Are you satisfied with "Watershed"?
Yes, I don't want it to sound like I'm boasting, but I think it's fucking awesome! I have lived with these songs in a year and a half know, and this was something that started a (pirr?) in the body. And after all years of shit that has happened lately, I'm extra satisfied this time. We mastered the album nine times before wewere satisfied, only such a thing!

What shit are you thinking of?
Well, to begin with there have been two guys who've left the band, and even f it didn't came as a chock, it's still (jobbigt?). But from the day Fredrik Åkesson joined and we became a stabile line-up again it all feels good again. So even though the album is dark, I only have good memories of the recording process.

Do you think it's special to switch guitarist?
Yea sure, we have always been a guitar-based band and Peter Lindgren has been with us since the first album, so I can very well understand if the fans has hard to accept a new face in the band. But the songs are the same, and technically we're stronger than ever. But I canunderstand if fans turns their backs on us now when Peter and Martin Lopez aren't in the band anymore. The illusion and the image of a bandis very important for the fans.

In my opinion the musical inputs are better than ever...
Of course, it isn't compatible. There are more solos on this album and as a guitarteam "Kulle" and me completes each other very good. And he also has the old school lead-guitarists blood running through his veins.

Does it feel special that you are going on tour with Arch Enemy, thinking of Fredriks background in the band?
No, not at all, he got fired. He heard it live when Michael Amott told a Brazilian radiostation that his brother would He loved being in Arch Enemy and the world tours and stuff like that. But he bought Opeth-records. Llove Arch Enemy, but of course we'll crush 'em when we play with them, ha ha!

What were your ambitions with the album in the demo-state?
Do you know an album named "The Drift" with Scott Walker? I don't know what to call the music, but the album is incredably dark and I became so inspired that I wanted to do a metal-version of it. But it became so unlistenable so I gave up the idea in the end. Then a relaxed a little, and then also all the inspiration came.

It's not so often that you have had guest singers on your albums...
No, we have many guests on this albumm but it's Nathalie Lorichs who has had the most attention since she sings, and atop of that, sings on the first track on the album. She's together with our drummer Martin Axenrot, and I heard her on an unfinished demo that they've made. And it was so fucking good that I asked her if she wanted to sing on the album.

What do you have to say about the songs on the album?
Every song has deserved and recieved the same effort when it comes to thewriting, the lyrics-authoring and the time in the studio. Right now I have three favourites and those are "The Lotus Eater", because it's so twisted, and I also like the powerballad "Burden" and "Hessian Peel". Of course I like all the songs, and we have another song called "Derelict Herds" which I love but didn't fit on the album. A quite psychedelic song which will be on the special edition.
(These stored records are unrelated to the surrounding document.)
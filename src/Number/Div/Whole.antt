-- ===== src/Number/Div/Whole.antt =====
-- number.c: the values of number_idiv and number_imod.
use calx.Base.{
  ℕ, zero, suc, [], ◌∷◌, ◌/◌, ◌%◌, ◌≤◌, ◌<◌, ◌≡◌, refl, sym, ap, ◌∙◌, inl, inr, Bool, true, false,
  ◌&&◌, List, arith, length, take, ◌==◌, Bool-cases, take-all,
}
use calx.Number.Add.Defs.{xor}
use calx.Number.Deci.{Deci, base, DeciLaws}
use calx.Number.Defs.{Number, IsValid, int_part, mkuniq_scale_down, unsafe_strip}
use calx.Number.Div.Defs.{unsafe_normalize_after_idiv, number_idiv, number_imod}
use calx.Number.Fancy.Defs.{fancy_div, fancy_mod}
use calx.Number.Fancy.Exact.{quotient_or_remainder-Holds}
use calx.Number.Fancy.Spans.{SpanOps, SpanLaws, Holds}
use calx.Number.Round.Parts.{scale_down-words, scale_down_rest, IsWhole, IsWhole-at}
use calx.Number.Words.{eval, Below, Below-take, Below-drop}

take-take : (n m : ℕ) (xs : List ℕ) → n ≤ length (take m xs) → take n (take m xs) ≡ take n xs
take-take zero m xs h = refl
take-take (suc n) zero xs h = absurd (omega arith)
take-take (suc n) (suc m) [] h = refl
take-take (suc n) (suc m) (x ∷ xs) h = ap (λ ys. x ∷ ys) (take-take n m xs (omega arith))

strip_whole :
    (a : Number) (n : ℕ)
    → a.scale ≡ 0
    → ((unsafe_strip a n 0).words ≡ take n a.words)
      × ((unsafe_strip a n 0).scale ≡ 0)
      × ((unsafe_strip a n 0).sign ≡ a.sign)
unfolding unsafe_strip
strip_whole a n z = elim (Bool-cases (length a.words == n && a.scale == 0)) [
  | inl e ↦ rw e (sym (take-all n a.words (ground arith)), z, refl)
  | inr e ↦ rw (e, z) (refl, refl, refl)
]

module _ (d : Deci) (laws : DeciLaws d) (x : SpanOps) (span : SpanLaws d x) where
  after_idiv-IsWhole :
      (a : Number) (ws : List ℕ) (v : ℕ) (r : List ℕ × ℕ)
      → a.scale ≡ 0
      → Holds d ws v r
      → a.words ≡ r.0
      → IsWhole d v a.sign (unsafe_normalize_after_idiv d a r.1)
  unfolding unsafe_normalize_after_idiv
  after_idiv-IsWhole a ws v r z h same =
      let kept = take r.1 r.0 in
      let n = d.normalize_n kept in
      let (words, scale, sign) = strip_whole a (d.normalize_n (take r.1 a.words)) z in
      let all : (unsafe_strip a (d.normalize_n (take r.1 a.words)) 0).words ≡ take n kept =
        words
        ∙ ap (λ (t : List ℕ). take (d.normalize_n (take r.1 t)) t) same
        ∙ sym (take-take n r.1 r.0 (laws.normalize_n-le kept)) in
      record {
        valid = record {
          scale_fits = omega (arith, scale);
          normalized = rw (scale, all) (laws.normalize_n-IsNormalized kept);
          below = rw all (Below-take (base d) n kept (Below-take (base d) r.1 r.0 h.below));
        };
        scale = scale;
        value = rw all (laws.normalize_n-eval kept ∙ h.value);
        sign_of = sign;
      }

  -- number_idiv gives the quotient of the integer parts, with the sign of a quotient.
  pub number_idiv-IsWhole :
      (a b : Number)
      → IsValid d a
      → IsValid d b
      → 0 < eval (base d) (int_part b)
      → IsWhole d
          (eval (base d) (int_part a) / eval (base d) (int_part b))
          (xor a.sign b.sign)
          (number_idiv d x a b)
  unfolding number_idiv fancy_div
  number_idiv-IsWhole a b va vb h =
      let a' = mkuniq_scale_down a 0 in
      let words = scale_down-words a va.scale_fits in
      let (scale, sign) = scale_down_rest a in
      let below : Below (base d) a'.words =
        rw words (Below-drop (base d) a.scale a.words va.below) in
      let held =
        quotient_or_remainder-Holds d laws x span a'.words (int_part b) true below
          (Below-drop (base d) b.scale b.words vb.below) h in
      let r = fancy_div d x a'.words (int_part b) in
      let same = ap (λ (t : List ℕ). eval (base d) t / eval (base d) (int_part b)) words in
      IsWhole-at d _ _ _ _ _ same (ap (λ (t : Bool). xor t b.sign) sign) (
        after_idiv-IsWhole (record a' { sign = xor a'.sign b.sign; words = r.0 }) a'.words _ r scale
          held refl)

  -- number_imod gives the remainder of the integer parts, with the sign of the dividend.
  pub number_imod-IsWhole :
      (a b : Number)
      → IsValid d a
      → IsValid d b
      → 0 < eval (base d) (int_part b)
      → IsWhole d
          (eval (base d) (int_part a) % eval (base d) (int_part b))
          a.sign
          (number_imod d x a b)
  unfolding number_imod fancy_mod
  number_imod-IsWhole a b va vb h =
      let a' = mkuniq_scale_down a 0 in
      let words = scale_down-words a va.scale_fits in
      let (scale, sign) = scale_down_rest a in
      let below : Below (base d) a'.words =
        rw words (Below-drop (base d) a.scale a.words va.below) in
      let held =
        quotient_or_remainder-Holds d laws x span a'.words (int_part b) false below
          (Below-drop (base d) b.scale b.words vb.below) h in
      let r = fancy_mod d x a'.words (int_part b) in
      let same = ap (λ (t : List ℕ). eval (base d) t % eval (base d) (int_part b)) words in
      IsWhole-at d _ _ _ _ _ same sign
        (after_idiv-IsWhole (record a' { words = r.0 }) a'.words _ r scale held refl)
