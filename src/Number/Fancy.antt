-- ===== src/Number/Fancy.antt =====
-- fancy.c, fancy.h: the choice between the multiplications and the divisions of libdeci.
pub mod Spans
pub mod Defs
pub mod Exact
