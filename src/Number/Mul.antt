-- ===== src/Number/Mul.antt =====
-- number.c: products and powers.
pub mod Defs
pub mod Normalize
pub mod Product
pub mod Power
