-- ===== src/Number/Round/Defs.antt =====
-- number.c: number_trunc, number_floor, number_ceil, number_round, number_frac, number_mul_uword,
-- number_abs_eq_uword, number_nintdigits and number_nfracdigits.
use calx.Base.{
  ℕ, zero, suc, ◌+◌, ◌-◌, ◌*◌, ◌/◌, ◌%◌, Bool, false, not, ◌&&◌, Option, List, [], ◌∷◌, length,
  drop, get_or, leb, ◌==◌, if◌then◌else◌, some,
}
use calx.Number.Add.Defs.{number_abs_add_uword}
use calx.Number.Convert.Defs.{number_new_from_zu}
use calx.Number.Deci.{Deci, base}
use calx.Number.Defs.{
  Number, mkuniq, mkuniq_scale_down, unsafe_strip, unsafe_push_word, number_is_zero,
  number_is_fzero, frac_part,
}

unfoldable pub number_trunc : Number → Number
unfolding mkuniq_scale_down
number_trunc a = mkuniq_scale_down a 0

unfoldable pub number_frac : Number → Number
unfolding mkuniq unsafe_strip
number_frac a = unsafe_strip (mkuniq a) a.scale a.scale

-- how often a digit can be taken off, on fuel; no more than the word itself is needed
unfoldable pub count_digits : ℕ → ℕ → ℕ
count_digits zero hi = 0
count_digits (suc fuel) hi =
    let rest = suc (count_digits fuel (hi / 10)) in if hi == 0 then 0 else rest

-- how many zero digits a word has at its end, on fuel
unfoldable pub count_end_zeros : ℕ → ℕ → ℕ
count_end_zeros zero lo = 0
count_end_zeros (suc fuel) lo =
    let rest = suc (count_end_zeros fuel (lo / 10)) in if lo % 10 == 0 then rest else 0

module _ (d : Deci) where
  unfoldable pub number_floor : Number → Number
  number_floor a =
      mkuniq_scale_down
        (if a.sign && not (number_is_fzero d a) then number_abs_add_uword d a 1 else a) 0

  unfoldable pub number_ceil : Number → Number
  number_ceil a =
      mkuniq_scale_down
        (if not a.sign && not (number_is_fzero d a) then number_abs_add_uword d a 1 else a) 0

  unfoldable pub number_round : Number → Number
  number_round a =
      mkuniq_scale_down
        (if not (a.scale == 0) && leb (base d / 2) (get_or a.words (a.scale - 1) 0)
          then number_abs_add_uword d a 1
          else a)
        0

  -- `none` means that number_new_from_zu ran out of fuel, which it does not
  unfoldable pub number_mul_uword : Number → ℕ → Option Number
  unfolding mkuniq unsafe_push_word number_new_from_zu
  number_mul_uword a b =
      let a' = mkuniq a in
      let product = d.mul_uword a'.words b in
      let r = record a' { words = product.0 } in
      if b == 0
      then number_new_from_zu d 0
      else if product.1 == 0
      then some r
      else some (unsafe_push_word r product.1)

  unfoldable pub number_abs_eq_uword : Number → ℕ → Bool
  unfolding number_is_zero number_is_fzero
  number_abs_eq_uword a w =
      if w == 0
      then number_is_zero d a
      else if not (number_is_fzero d a)
      then false
      else length a.words - a.scale == 1 && get_or a.words a.scale 0 == w

  unfoldable pub number_nintdigits : Number → ℕ
  unfolding count_digits
  number_nintdigits a =
      let n = length a.words - a.scale in
      let hi = get_or a.words (length a.words - 1) 0 in
      if n == 0 then 0 else count_digits (suc hi) hi + (n - 1) * d.base_log

  -- the words of the fraction, without the zero words at its end
  unfoldable pub frac_digits : List ℕ → ℕ
  unfolding count_end_zeros
  frac_digits [] = 0
  frac_digits (lo ∷ ws) = d.base_log - count_end_zeros d.base_log lo + length ws * d.base_log

  unfoldable pub number_nfracdigits : Number → ℕ
  unfolding frac_digits
  number_nfracdigits a = frac_digits (drop (d.skip0_n (frac_part a)) (frac_part a))
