-- ===== src/Number/Mul/Defs.antt =====
-- number.c: number_mul, number_pow_zu and number_pow. Two operands that are one object are told
-- apart from equal ones by a flag.
use Prim.Native.Nat.{bit_and}
use calx.Base.{
  ℕ, zero, suc, ◌+◌, ◌-◌, ◌*◌, ◌/◌, Bool, true, false, ◌&&◌, Option, some, ltb, ◌==◌, if◌then◌else◌,
}
use calx.Number.Add.Defs.{xor}
use calx.Number.Convert.Defs.{number_new_from_zu, number_to_zu, number_to_u32, size_mod}
use calx.Number.Deci.{Deci}
use calx.Number.Defs.{Number, allocate, mkuniq, unsafe_normalize_full, number_is_zero}
use calx.Number.Fancy.Defs.{fancy_mul}
use calx.Number.Fancy.Spans.{SpanOps}
use calx.Number.Round.Defs.{number_abs_eq_uword}

-- for (tmp = e >> 1; tmp; tmp >>= 1) h <<= 1, on fuel; a size_t has 64 bits
unfoldable pub top_bit : ℕ → ℕ → ℕ → ℕ
top_bit zero tmp h = h
top_bit (suc fuel) tmp h = let more = top_bit fuel (tmp / 2) (h * 2) in if tmp == 0 then h else more

-- what number_pow gives: a number, or the end of the program
pub data PowResult : Type 0 where
  power : Option Number → PowResult
  exponent_is_too_large : PowResult

module _ (d : Deci) (x : SpanOps) where
  unfoldable pub number_mul : Bool → Number → Number → Number
  unfolding allocate unsafe_normalize_full
  number_mul same a b =
      unsafe_normalize_full d
        (allocate (xor a.sign b.sign) (fancy_mul d x same a.words b.words) (a.scale + b.scale))

  -- while (h > 1), on fuel
  unfoldable pub pow_loop : ℕ → ℕ → ℕ → Number → Number → Number
  pow_loop zero h e b s = s
  pow_loop (suc fuel) h e b s =
      let h' = h / 2 in
      let s' = number_mul true s s in
      let s'' = if bit_and e h' == 0 then s' else number_mul false s' b in
      let more = pow_loop fuel h' e b s'' in if ltb 1 h then more else s

  unfoldable pub number_pow_zu : Number → ℕ → Option Number
  number_pow_zu b e =
      let h = top_bit 64 (e / 2) 1 in
      let b' = unsafe_normalize_full d (mkuniq b) in
      if e == 0 then number_new_from_zu d 1 else some (pow_loop 64 h e b' b')

  unfoldable pub number_pow : Number → Number → PowResult
  number_pow b e =
      let n = number_to_zu d e in
      if n == size_mod - 1
      then (if number_is_zero d b
          then power (some b)
          else if number_abs_eq_uword d b 1
          then (if b.sign && bit_and (number_to_u32 d e) 1 == 1
              then power (some b)
              else power (number_new_from_zu d 1))
          else exponent_is_too_large)
      else power (number_pow_zu b n)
You are a quite serious band, how would you describe the lyrics on the album?
The lyrics are really, really dark. I wrote all texts in one night, something that I've never done befor. And for once I had a clear vision about what I wanted to write about, so it went fast and it went good. I don't want to sound important, but the lyrics are personal to me in a way that makes me not want to talk about them. So the lyrics won't even be fully written on the album. We have coded them.

Coded?
Yes, we made a fun thing of it when I decided that I didn't want to talk about them, so we could better make them a little mystical.

What provoked you in the lyrics-writing?
Much that has happened in the band of course, but mostly one thing that happened in the studio that made me write lyrics for three sons, so three of the songs are connected in a way. And of course that I have become a daddy since last time. That has changed my wiew in lot of things. Not political, but I am much more vounerable now. I can't stand seeing all this pain anymore. It'salmost like I want to become a death metal-Bono, ha ha! And I wrote all the lyrics while eating a McDonalds-menu.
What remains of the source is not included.